(Dataset excerpts)
———

-- ===== src/Prelude/Split.antt =====
-- Texts as characters: appending, and Go's strings.Split and strings.Join at one character.
use Prim.Native.Char.{Char, code}
use Prim.Native.String.{String, [] as nil, ◌∷◌ as cons, ◌++◌ as concat}
use Prim.Native.String.append
use Prim.Native.Nat.{ℕ}
use mathlib.Core.Path.{◌≡◌, refl, ap, ◌∙◌}
use mathlib.Core.Bool.{Bool, true, ◌&&◌, not}
use mathlib.Core.List.{List, [], ◌∷◌}
use native.Mathlib.Omega.{arith}
use ecosystem_complete.Prelude.Tests.{eqb, if◌then◌else◌}

-- The character before the first piece.
abbrev pub onto_first : Char → List String → List String
onto_first c [] = cons c nil ∷ []
onto_first c (piece ∷ pieces) = cons c piece ∷ pieces

-- strings.Split at the character of that code
unfoldable pub split_on : ℕ → String → List String
split_on sep nil = nil ∷ []
split_on sep (cons c s) =
    let rest = split_on sep s in if eqb (code c) sep then nil ∷ rest else onto_first c rest

-- strings.Join with that character
unfoldable pub join_with : Char → List String → String
join_with sep [] = nil
join_with sep (piece ∷ []) = piece
join_with sep (piece ∷ next ∷ pieces) = concat piece (cons sep (join_with sep (next ∷ pieces)))

-- The text does not have the character of that code.
unfoldable pub lacks : ℕ → String → Bool
lacks sep nil = true
lacks sep (cons c s) = not (eqb (code c) sep) && lacks sep s

unfoldable pub all_lack : ℕ → List String → Bool
unfolding lacks
all_lack sep [] = true
all_lack sep (piece ∷ pieces) = lacks sep piece && all_lack sep pieces

eqb_refl : (n : ℕ) → eqb n n ≡ true
eqb_refl n = ground arith

pub split-lacks : (sep : ℕ) (s : String) → lacks sep s ≡ true → split_on sep s ≡ s ∷ []
unfolding split_on lacks
split-lacks sep nil h = refl
split-lacks sep (cons c s) h = ground (arith, split-lacks sep s)

pub split-concat :
    (sep : ℕ) (s : String) (c : Char) (t : String)
    → lacks sep s ≡ true
    → eqb (code c) sep ≡ true
    → split_on sep (concat s (cons c t)) ≡ s ∷ split_on sep t
unfolding split_on lacks
split-concat sep nil c t h e = rw (append.nil, e) refl
split-concat sep (cons a s) c t h e = rw append.cons (ground (arith, split-concat sep s c t))

-- What strings.Join writes strings.Split reads back.
pub split-join :
    (c : Char) (piece : String) (pieces : List String)
    → all_lack (code c) (piece ∷ pieces) ≡ true
    → split_on (code c) (join_with c (piece ∷ pieces)) ≡ piece ∷ pieces
unfolding join_with all_lack
split-join c piece [] h = split-lacks (code c) piece (ground arith)
split-join c piece (next ∷ pieces) h =
    split-concat (code c) piece c (join_with c (next ∷ pieces)) (ground arith) (eqb_refl (code c))
    ∙ ap (λ rest. piece ∷ rest) (split-join c next pieces (ground arith))

pub lacks-concat : (sep : ℕ) (s t : String) → lacks sep (concat s t) ≡ (lacks sep s && lacks sep t)
unfolding lacks
lacks-concat sep nil t = rw append.nil
lacks-concat sep (cons c s) t = rw append.cons (ground (arith, lacks-concat sep s t))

———

In the data above, find the line with "pub split-lacks : (sep" and the line with "split-join c piece (next". Retype both, plus every line between them, exactly.

pub split-lacks : (sep : ℕ) (s : String) → lacks sep s ≡ true → split_on sep s ≡ s ∷ []
unfolding split_on lacks
split-lacks sep nil h = refl
split-lacks sep (cons c s) h = ground (arith, split-lacks sep s)

pub split-concat :
    (sep : ℕ) (s : String) (c : Char) (t : String)
    → lacks sep s ≡ true
    → eqb (code c) sep ≡ true
    → split_on sep (concat s (cons c t)) ≡ s ∷ split_on sep t
unfolding split_on lacks
split-concat sep nil c t h e = rw (append.nil, e) refl
split-concat sep (cons a s) c t h e = rw append.cons (ground (arith, split-concat sep s c t))

-- What strings.Join writes strings.Split reads back.
pub split-join :
    (c : Char) (piece : String) (pieces : List String)
    → all_lack (code c) (piece ∷ pieces) ≡ true
    → split_on (code c) (join_with c (piece ∷ pieces)) ≡ piece ∷ pieces
unfolding join_with all_lack
split-join c piece [] h = split-lacks (code c) piece (ground arith)
split-join c piece (next ∷ pieces) h =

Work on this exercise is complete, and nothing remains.